Configuration template¶

Add this block to configs/pipelines_config.yml under the key parquet_csv_pipeline:

parquet_csv_pipeline:
  source_folder: "data/processed/supe_reducida/data"
  output_folder: "data/csv/supe_reducida"

  glob: "**/*.parquet"
  overwrite: false

  csv:
    sep: ","
    encoding: "utf-8"
    index: false
    float_format: null

  columns:
    # Map Parquet column names to CSV header names
    "PT 'POSITION:' 'POSITION_1378M' '(PA)' 'Pressure'": "PRESSURE_1378M"
    "GT 'POSITION:' 'POSITION_1378M' '(KG/S)' 'Total mass flow'": "MASS_FLOW_1378M"
    # ... add all columns to export
    "LEAK": "LEAK"
    "LEAK_SIZE_in": "LEAK_SIZE_in"
    "LEAK_LOCATION_m": "LEAK_LOCATION_m"
    "LEAK_FLOW_kg_s": "LEAK_FLOW_kg_s"

  max_workers: 8
  show_progress: true

  extend:
    leak_column: "LEAK"
    points_before_leak_start: 0
    points_before_leak_end: 0

  filter:
    only_leak_files: true
    remove_non_leak_outputs: true
    sample_fraction: 0.5
    leak_column: "LEAK"
    reference_csv_name: "reference.csv"

See the full file pipelines_config.yml in the repository for all options (e.g. filter, extend).

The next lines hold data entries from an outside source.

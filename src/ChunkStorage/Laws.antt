-- ===== src/ChunkStorage/Laws.antt =====
-- What the operations of `ChunkStorage` in src/cluster_server/chunk_service.cpp do to each other.
use distributed_file_grid.Prelude.{
  ℕ, suc, ◌≡◌, refl, ◌∙◌, ap, subst, ◌≢◌, inl, inr, Bool, true, false, [], Option, none, some,
  arith, Bool-cases, Option-cases, length,
}
use distributed_file_grid.Prelude.Key.{Bytes, bytes_eq_iff, bytes_key, ℤ_key}
use distributed_file_grid.Prelude.Map.{
  Map, find, insert, erase, member, find-insert, find-erase, same_refl,
}
use distributed_file_grid.ChunkStorage.{
  ChunkStorage, Io, Stored, finish_store, generate_chunk_path, async_store_chunk,
  async_retrieve_chunk, delete_chunk, list_chunks, restart,
}
use distributed_file_grid.ChunkStorage.Files.{
  WriteResult, write_all, write_all_complete, write_all_enough, read_all_enough, IsEnough,
}
use distributed_file_grid.Metadata.{is_empty}
use mathlib.Core.Option.{some-injective}

-- The registry knows a path for the chunk, and the file there has this content.
pub record IsHeld (s : ChunkStorage) (chunk_id path content : Bytes) : Type 0 where
  pub known : find chunk_id s.chunk_registry ≡ some path
  pub on_disk : find path s.files ≡ some content

-- The file opens, and the calls on it can move n bytes.
abbrev pub IsReady : Io → ℕ → Type 0
IsReady io n = (io.opens ≡ true) × IsEnough io.calls n

pub retrieve-IsHeld :
    (s : ChunkStorage) (io : Io) (chunk_id path content fallback : Bytes)
    → IsHeld s chunk_id path content
    → IsReady io (length content)
    → async_retrieve_chunk s io chunk_id fallback ≡ some (record { storage = s; content = content })
unfolding async_retrieve_chunk
retrieve-IsHeld s io chunk_id path content fallback h r =
    rw (h.known, h.on_disk, r.0, read_all_enough io.calls [] content r.1) refl

abbrev stored : ChunkStorage → Bytes → Bytes → Bytes → ChunkStorage
stored s chunk_id path content = record {
  storage_path = s.storage_path;
  chunk_registry = insert chunk_id path s.chunk_registry;
  next_seq = suc s.next_seq;
  files = insert path content s.files;
}

stored-IsHeld :
    (s : ChunkStorage) (chunk_id path content : Bytes)
    → IsHeld (stored s chunk_id path content) chunk_id path content
stored-IsHeld s chunk_id path content = record {
  known = find-insert chunk_id chunk_id path s.chunk_registry ∙ rw (same_refl chunk_id) refl;
  on_disk = find-insert path path content s.files ∙ rw (same_refl path) refl;
}

pub store-retrieve :
    (s : ChunkStorage) (io io' : Io) (chunk_id content fallback : Bytes)
    → IsReady io (length content)
    → IsReady io' (length content)
    → (r : Stored) × (async_store_chunk s io chunk_id content ≡ some r)
      × (r.result ≡ (true, generate_chunk_path s io chunk_id))
      × (async_retrieve_chunk r.storage io' chunk_id fallback
          ≡ some (record { storage = r.storage; content = content }))
unfolding async_store_chunk
store-retrieve s io io' chunk_id content fallback h h' =
    let path = generate_chunk_path s io chunk_id in
    (
      record { storage = stored s chunk_id path content; result = (true, path) },
      rw (h.0, write_all_enough io.calls [] content h.1) refl,
      refl,
      retrieve-IsHeld (stored s chunk_id path content) io' chunk_id path content fallback
          (stored-IsHeld s chunk_id path content) h',
    )

-- Whether a task that ends reports success.
abbrev reports : Option Stored → Bool
reports none = false
reports (some r) = r.result.0

finish-IsHeld :
    (s : ChunkStorage) (chunk_id path content : Bytes) (w : WriteResult) (r : Stored)
    → (w.success ≡ true → w.content ≡ content)
    → finish_store s chunk_id path (some w) ≡ some r
    → r.result.0 ≡ true
    → IsHeld r.storage chunk_id r.result.1 content
finish-IsHeld s chunk_id path content w r complete h ok = elim (Bool-cases w.success) [
  | inl e ↦
      let h' = rw e at h in
      let whole : w.content ≡ content = complete e in
      subst (λ (t : Stored). IsHeld t.storage chunk_id t.result.1 content) (some-injective _ _ h')
        (record {
          known =
              find-insert chunk_id chunk_id path s.chunk_registry ∙ rw (same_refl chunk_id) refl;
          on_disk = find-insert path path w.content s.files ∙ rw (same_refl path) (ap some whole);
        })
  | inr e ↦ let h' = rw e at h in absurd (cc (ap reports h', ok))
]

-- Whatever the calls that write a chunk answer, a task that ends and reports success has the whole
-- chunk in the file that the registry knows for it.
pub store-IsHeld :
    (s : ChunkStorage) (io : Io) (chunk_id content : Bytes) (r : Stored)
    → async_store_chunk s io chunk_id content ≡ some r
    → r.result.0 ≡ true
    → IsHeld r.storage chunk_id r.result.1 content
unfolding async_store_chunk
store-IsHeld s io chunk_id content r h ok = elim (Bool-cases io.opens) [
  | inl e ↦
      let path = generate_chunk_path s io chunk_id in
      let counted = record s { next_seq = suc s.next_seq } in
      let h' = rw e at h in
      elim (Option-cases (write_all io.calls [] content)) [
        | inl none_left ↦ absurd (cc (rw none_left at h'))
        | inr (w, ends) ↦
            finish-IsHeld counted chunk_id path content w r
              (write_all_complete io.calls [] content w ends) (rw ends at h') ok
      ]
  | inr e ↦ let h' = rw e at h in absurd (cc (ap reports h', ok))
]

abbrev removed : ChunkStorage → Bytes → Bytes → ChunkStorage
removed s chunk_id path = record s {
  chunk_registry = erase chunk_id s.chunk_registry;
  files = erase path s.files;
}

delete-IsHeld :
    (s : ChunkStorage) (io : Io) (chunk_id path content : Bytes)
    → IsHeld s chunk_id path content
    → io.removes ≡ true
    → delete_chunk s io chunk_id ≡ (removed s chunk_id path, true)
unfolding delete_chunk
delete-IsHeld s io chunk_id path content h r = rw (h.known, r) refl

delete-unknown :
    (s : ChunkStorage) (io : Io) (chunk_id : Bytes)
    → find chunk_id s.chunk_registry ≡ none
    → delete_chunk s io chunk_id ≡ (s, false)
unfolding delete_chunk
delete-unknown s io chunk_id h = rw h refl

retrieve-unknown :
    (s : ChunkStorage) (io : Io) (chunk_id : Bytes)
    → find chunk_id s.chunk_registry ≡ none
    → async_retrieve_chunk s io chunk_id [] ≡ some (record { storage = s; content = [] })
unfolding async_retrieve_chunk
retrieve-unknown s io chunk_id h = rw h refl

find-erase-same : (k : Bytes) (m : Map Bytes Bytes) → find k (erase k m) ≡ none
find-erase-same k m = find-erase k k m ∙ rw (same_refl k) refl

member_of : (k v : Bytes) (m : Map Bytes Bytes) → find k m ≡ some v → member k m ≡ true
member_of k v m h = ap (λ (o : Option Bytes). elim o [ none ↦ false | some w ↦ true ]) h

retrieve_fallback :
    (s : ChunkStorage) (io : Io) (chunk_id path content : Bytes)
    → find chunk_id s.chunk_registry ≡ none
    → find path s.files ≡ some content
    → is_empty path ≡ false
    → IsReady io (length content)
    → async_retrieve_chunk s io chunk_id path
      ≡ some (record {
        storage = record s { chunk_registry = insert chunk_id path s.chunk_registry };
        content = content;
      })
unfolding async_retrieve_chunk
retrieve_fallback s io chunk_id path content h d e r =
    rw (h, e, member_of path content s.files d, d, r.0, read_all_enough io.calls [] content r.1)
      refl

-- A deletion of a chunk that is held, if removing the file raises no exception, succeeds and leaves
-- no file there; the chunk is then retrieved empty and cannot be deleted again, and the registry
-- keeps every other chunk.
pub delete-retrieve :
    (s : ChunkStorage) (io io' : Io) (chunk_id path content : Bytes)
    → IsHeld s chunk_id path content
    → io.removes ≡ true
    → let after = delete_chunk s io chunk_id in
      (after.1 ≡ true)
      × (find path after.0.files ≡ none)
      × (async_retrieve_chunk after.0 io' chunk_id []
          ≡ some (record { storage = after.0; content = [] }))
      × (delete_chunk after.0 io chunk_id ≡ (after.0, false))
      × ((other : Bytes)
          → other ≢ chunk_id
          → find other after.0.chunk_registry ≡ find other s.chunk_registry)
delete-retrieve s io io' chunk_id path content h r =
    let after = removed s chunk_id path in
    let gone = find-erase-same chunk_id s.chunk_registry in
    rw (delete-IsHeld s io chunk_id path content h r) (
      refl,
      find-erase-same path s.files,
      retrieve-unknown after io' chunk_id gone,
      delete-unknown after io chunk_id gone,
      λ other ne.
          find-erase chunk_id other s.chunk_registry ∙ ground (arith, bytes_eq_iff chunk_id other),
    )

-- After a restart no chunk is listed, and a chunk on disk is neither deleted nor retrieved under
-- its id; with its path it is retrieved, and then a deletion that raises no exception succeeds.
pub restart-retrieve :
    (s : ChunkStorage) (io : Io) (chunk_id path content : Bytes)
    → IsHeld s chunk_id path content
    → is_empty path ≡ false
    → IsReady io (length content)
    → io.removes ≡ true
    → let t = restart s in
      let again = record t { chunk_registry = insert chunk_id path t.chunk_registry } in
      (list_chunks t ≡ [])
      × (delete_chunk t io chunk_id ≡ (t, false))
      × (async_retrieve_chunk t io chunk_id [] ≡ some (record { storage = t; content = [] }))
      × (async_retrieve_chunk t io chunk_id path
          ≡ some (record { storage = again; content = content }))
      × ((delete_chunk again io chunk_id).1 ≡ true)
unfolding restart list_chunks find
restart-retrieve s io chunk_id path content h e r m =
    let t = restart s in
    let again = record t { chunk_registry = insert chunk_id path t.chunk_registry } in
    let held : IsHeld again chunk_id path content = record {
      known = find-insert chunk_id chunk_id path [] ∙ rw (same_refl chunk_id) refl;
      on_disk = h.on_disk;
    } in
    (
      refl,
      delete-unknown t io chunk_id refl,
      retrieve-unknown t io chunk_id refl,
      retrieve_fallback t io chunk_id path content refl h.on_disk e r,
      ap (λ d. d.1) (delete-IsHeld again io chunk_id path content held m),
    )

Default values applied by the script¶

run_parquet_csv_pipeline.py starts from an internal PARQUET_CSV_DEFAULTS block and fills missing optional keys with these values:

General defaults¶

Key	Default
`glob`	`*/.parquet`
`overwrite`	`false`
`max_workers`	`8`
`show_progress`	`true`

`csv` defaults¶

Key	Default
`csv.sep`	`","`
`csv.encoding`	`utf-8`
`csv.index`	`false`
`csv.float_format`	`null`

`extend` defaults¶

Key	Default
`extend.leak_column`	`"LEAK"`
`extend.points_before_leak_start`	`0`
`extend.points_before_leak_end`	`0`
`extend.context_points`	`50`
`extend.noise_scale`	`1.0`
`extend.random_seed`	`null`

`filter` defaults¶

Key	Default
`filter.only_leak_files`	`true`
`filter.remove_non_leak_outputs`	`true`
`filter.sample_fraction`	`1.0`
`filter.sample_seed`	`0`
`filter.leak_column`	`"LEAK"`
`filter.leak_flow_column`	`"LEAK_FLOW_kg_s"`
`filter.leak_size_column`	`"LEAK_SIZE_in"`
`filter.leak_location_column`	`"LEAK_LOCATION_m"`
`filter.reference_csv_name`	`"reference.csv"`

The script also ships template defaults for source_folder, output_folder, and columns, but for real runs keep those keys explicit because the config contract validates them as required.

Idempotency¶

Per file: If the output CSV exists and overwrite is false, the file is skipped.
Config hash: A hash of the pipeline config is stored (e.g. in metadata). If the config changes, the effective behavior can force regeneration even when overwrite is false (see overwrite_effective in code).

Storage and S3¶

Paths are resolved via resolve_config_paths.
S3 support in this ETL pipeline may be partial; for full S3, check the implementation or use local paths.